Granola Bars – everything for a good nights sleep….
In my post Sleep and Performance, I talked about different pattens of sleep and how important sleep is to performance and in last weeks post Sleep Nutrition, I linked a nights good sleep to good nutrition. This granola bar recipe was originally adapted as a sports energy bar but contains many ingredients that have been associated with benefits in sleep research. Great with milk or yoghurt at breakfast, before an afternoon match or training session or even after an evening game.
2 cups (180g) rolled oats
¼ cup (60g) soft brown sugar
½ cup (75g) wheat germ
1 teaspoon cinnamon
2 teaspoons vanilla extract
¾ teaspoon salt
1 cup (150g) plain flour
½ cup (170g) honey
1 egg lightly beaten
½ cup (105g) coconut oil
1 cup (110g) chopped almonds
¾ cup (70g) dried sour cherries
1 cup (~100g) mixed nuts, seeds and berries. Sunflower, pumpkin, walnut, brazil, goji berries, blueberries, cranberries
¾ cup (150g) dark chocolate chips or grated chocolate (optional)
- Pre-heat oven to 180 degree C. Line shallow flat sided baking tray with parchment paper.
- In a large town, mix together the oats, brown sugar, wheat germ, cinnamon, flour and salt.
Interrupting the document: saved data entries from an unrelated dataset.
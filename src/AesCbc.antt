-- ===== src/AesCbc.antt =====
-- src/session_builder.zig, `aes_cbc`: AES-256 in CBC mode with PKCS #7 padding.
use libsignal_zig.Prelude.{
  ℕ, zero, suc, ◌+◌, ◌-◌, ◌*◌, ◌/◌, ◌%◌, ◌<◌, ◌≤◌, ◌≡◌, refl, ap, ◌∙◌, Bool, true, false, ◌&&◌,
  ◌||◌, [], ◌∷◌, ◌++◌, length, take, drop, replicate, get_or, ltb, le→ltb, ◌==◌, not, arith,
  length-append, length-take, length-drop, length-replicate, take_prefix, drop_prefix,
  take-append-drop,
}
use libsignal_zig.Prelude.Xor.{xor_bytes, length-xor_bytes, xor_bytes_back}
use libsignal_zig.Prelude.Bytes.{Bytes}
use libsignal_zig.Prelude.Result.{Result, ok, ◌>>◌, fail_if, invalid_message, padding_error}

-- One block of AES-256 under a key: deciphering undoes enciphering.
pub record BlockCipher : Type 0 where
  pub encipher : Bytes → Bytes → Bytes
  pub decipher : Bytes → Bytes → Bytes
  pub length-encipher : (key block : Bytes) → length block ≡ 16 → length (encipher key block) ≡ 16
  pub decipher-encipher :
      (key block : Bytes) → length block ≡ 16 → decipher key (encipher key block) ≡ block

-- `for (…) |b| if (b != pad_byte)`
unfoldable pub all_equal : ℕ → Bytes → Bool
all_equal pad [] = true
all_equal pad (b ∷ bs) = (b == pad) && all_equal pad bs

unfoldable pub pad : Bytes → Bytes
pad plaintext = let pad_len = 16 - length plaintext % 16 in plaintext ++ replicate pad_len pad_len

-- The removal of the padding at the end of `decrypt`.
unfoldable pub unpad : Bytes → Result Bytes
unpad out = do
  let pad_byte = get_or out (length out - 1) 0
  fail_if ((pad_byte == 0) || ltb 16 pad_byte) padding_error
  fail_if (not (all_equal pad_byte (drop (length out - pad_byte) out))) padding_error
  ok (take (length out - pad_byte) out)

module _ (aes : BlockCipher) (key : Bytes) where
  -- The loops over blocks of 16, with the block before as `prev`.
  unfoldable pub encrypt_blocks : ℕ → Bytes → Bytes → Bytes
  encrypt_blocks zero prev padded = []
  encrypt_blocks (suc n) prev padded =
      let block = aes.encipher key (xor_bytes (take 16 padded) prev) in
      block ++ encrypt_blocks n block (drop 16 padded)

  unfoldable pub decrypt_blocks : ℕ → Bytes → Bytes → Bytes
  decrypt_blocks zero prev ciphertext = []
  decrypt_blocks (suc n) prev ciphertext =
      let ct_block = take 16 ciphertext in
      xor_bytes (aes.decipher key ct_block) prev ++ decrypt_blocks n ct_block (drop 16 ciphertext)

  unfoldable pub encrypt : Bytes → Bytes → Bytes
  encrypt iv plaintext = encrypt_blocks (length (pad plaintext) / 16) iv (pad plaintext)

  unfoldable pub decrypt : Bytes → Bytes → Result Bytes
  decrypt iv ciphertext = do
    fail_if ((length ciphertext == 0) || not (length ciphertext % 16 == 0)) invalid_message
    unpad (decrypt_blocks (length ciphertext / 16) iv ciphertext)

length-pad : (p : Bytes) → length (pad p) ≡ 16 * (length p / 16 + 1)
unfolding pad
length-pad p =
    let k = 16 - length p % 16 in
    omega (arith, length-append p (replicate k k), length-replicate k k)

get_or-append : (p q : Bytes) (i d : ℕ) → get_or (p ++ q) (length p + i) d ≡ get_or q i d
get_or-append [] q i d = ap (λ (j : ℕ). get_or q j d) (omega arith)
get_or-append (x ∷ p) q i d =
    let one_in : suc (length p) + i ≡ suc (length p + i) = omega arith in
    rw one_in (get_or-append p q i d)

get_or-replicate : (n i v d : ℕ) → i < n → get_or (replicate n v) i d ≡ v
get_or-replicate zero i v d h = absurd (omega arith)
get_or-replicate (suc n) zero v d h = refl
get_or-replicate (suc n) (suc i) v d h = get_or-replicate n i v d (omega arith)

all_equal-replicate : (n v : ℕ) → all_equal v (replicate n v) ≡ true
unfolding all_equal
all_equal-replicate zero v = refl
all_equal-replicate (suc n) v = ground (arith, all_equal-replicate n v)

unpad_lem : (p : Bytes) (k : ℕ) → 1 ≤ k → k ≤ 16 → unpad (p ++ replicate k k) ≡ ok p
unfolding unpad
unpad_lem p k low high =
    let total = length-append p (replicate k k) in
    let last : length (p ++ replicate k k) - 1 ≡ length p + (k - 1) =
      omega (arith, total, length-replicate k k) in
    let front : length (p ++ replicate k k) - k ≡ length p =
      omega (arith, total, length-replicate k k) in
    let positive : (k == 0) ≡ false = ground arith in
    rw (
      last,
      get_or-append p (replicate k k) (k - 1) 0,
      get_or-replicate k (k - 1) k 0 (omega arith),
      positive,
      le→ltb 16 k high,
      front,
      drop_prefix (length p) p (replicate k k) refl,
      all_equal-replicate k k,
      take_prefix (length p) p (replicate k k) refl,
    )

-- The padding that was added is taken off.
unpad-pad : (p : Bytes) → unpad (pad p) ≡ ok p
unfolding pad
unpad-pad p = unpad_lem p (16 - length p % 16) (omega arith) (omega arith)

module _ (aes : BlockCipher) (key : Bytes) where
  -- The block that a round of `encrypt` gives to the cipher, and what it gets.
  block_size :
      (n : ℕ) (prev padded : Bytes)
      → length prev ≡ 16
      → length padded ≡ 16 * suc n
      → (length (xor_bytes (take 16 padded) prev) ≡ 16)
        × (length (aes.encipher key (xor_bytes (take 16 padded) prev)) ≡ 16)
  block_size n prev padded hp hl =
      let taken : length (take 16 padded) ≡ 16 = omega (arith, length-take 16 padded) in
      let x : length (xor_bytes (take 16 padded) prev) ≡ 16 =
        length-xor_bytes (take 16 padded) prev (omega (arith, taken)) ∙ taken in
      (x, aes.length-encipher key (xor_bytes (take 16 padded) prev) x)

  length-encrypt_blocks :
      (n : ℕ) (prev padded : Bytes)
      → length prev ≡ 16
      → length padded ≡ 16 * n
      → length (encrypt_blocks aes key n prev padded) ≡ 16 * n
  unfolding encrypt_blocks
  length-encrypt_blocks zero prev padded hp hl = refl
  length-encrypt_blocks (suc n) prev padded hp hl =
      let x = xor_bytes (take 16 padded) prev in
      let size = block_size n prev padded hp hl in
      omega (
        arith,
        length-append (aes.encipher key x)
            (encrypt_blocks aes key n (aes.encipher key x) (drop 16 padded)),
        size,
        length-encrypt_blocks n (aes.encipher key x) (drop 16 padded) size.1
            (omega (arith, length-drop 16 padded)),
      )

  pub length-encrypt :
      (iv plaintext : Bytes)
      → length iv ≡ 16
      → length (encrypt aes key iv plaintext) ≡ 16 * (length plaintext / 16 + 1)
  unfolding encrypt
  length-encrypt iv plaintext h =
      let n = length plaintext / 16 + 1 in
      let padded = length-pad plaintext in
      let rounds : length (pad plaintext) / 16 ≡ n = omega (arith, padded) in
      rw rounds (length-encrypt_blocks n iv (pad plaintext) h padded)

  decrypt_blocks-encrypt_blocks :
      (n : ℕ) (prev padded : Bytes)
      → length prev ≡ 16
      → length padded ≡ 16 * n
      → decrypt_blocks aes key n prev (encrypt_blocks aes key n prev padded) ≡ padded
  unfolding encrypt_blocks decrypt_blocks
  decrypt_blocks-encrypt_blocks zero prev [] hp hl = refl
  decrypt_blocks-encrypt_blocks zero prev (b ∷ bs) hp hl = absurd (omega arith)
  decrypt_blocks-encrypt_blocks (suc n) prev padded hp hl =
      let x = xor_bytes (take 16 padded) prev in
      let c = aes.encipher key x in
      let (first, size) = block_size n prev padded hp hl in
      let rest = encrypt_blocks aes key n c (drop 16 padded) in
      rw
        (
          take_prefix 16 c rest size,
          drop_prefix 16 c rest size,
          aes.decipher-encipher key x (omega (arith, first)),
          xor_bytes_back (take 16 padded) prev (omega (arith, hp, length-take 16 padded)),
          decrypt_blocks-encrypt_blocks n c (drop 16 padded) size
              (omega (arith, length-drop 16 padded)),
        )
        (take-append-drop 16 padded)

  -- What was encrypted with a key and an IV of 16 bytes is decrypted with them, whatever its
  -- length, 0 included.
  pub decrypt-encrypt :
      (iv plaintext : Bytes)
      → length iv ≡ 16
      → decrypt aes key iv (encrypt aes key iv plaintext) ≡ ok plaintext
  unfolding encrypt decrypt
  decrypt-encrypt iv plaintext h =
      let n = length plaintext / 16 + 1 in
      let padded = length-pad plaintext in
      let rounds : length (pad plaintext) / 16 ≡ n = omega (arith, padded) in
      let size = length-encrypt_blocks n iv (pad plaintext) h padded in
      let whole : (length (encrypt_blocks aes key n iv (pad plaintext)) == 0) ≡ false =
        ground (arith, size) in
      let aligned : (length (encrypt_blocks aes key n iv (pad plaintext)) % 16 == 0) ≡ true =
        rw size (ground arith) in
      let back : length (encrypt_blocks aes key n iv (pad plaintext)) / 16 ≡ n =
        omega (arith, size) in
      rw (
        rounds,
        whole,
        aligned,
        back,
        decrypt_blocks-encrypt_blocks n iv (pad plaintext) h padded,
        unpad-pad plaintext,
      )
Make a crater in the middle and add in honey, egg, oil and vanilla. Mix well.
- Add cherries, almonds, mixed nuts and berries and chocolate if you are adding any.
- Tip into prepared baking tray and pat down evenly.
- Bake for 30-35 minutes in preheated owen until bars begin to turn golden around the edges. Cut in tin when still hot from the oven but then allow to cool completely before tipping them out.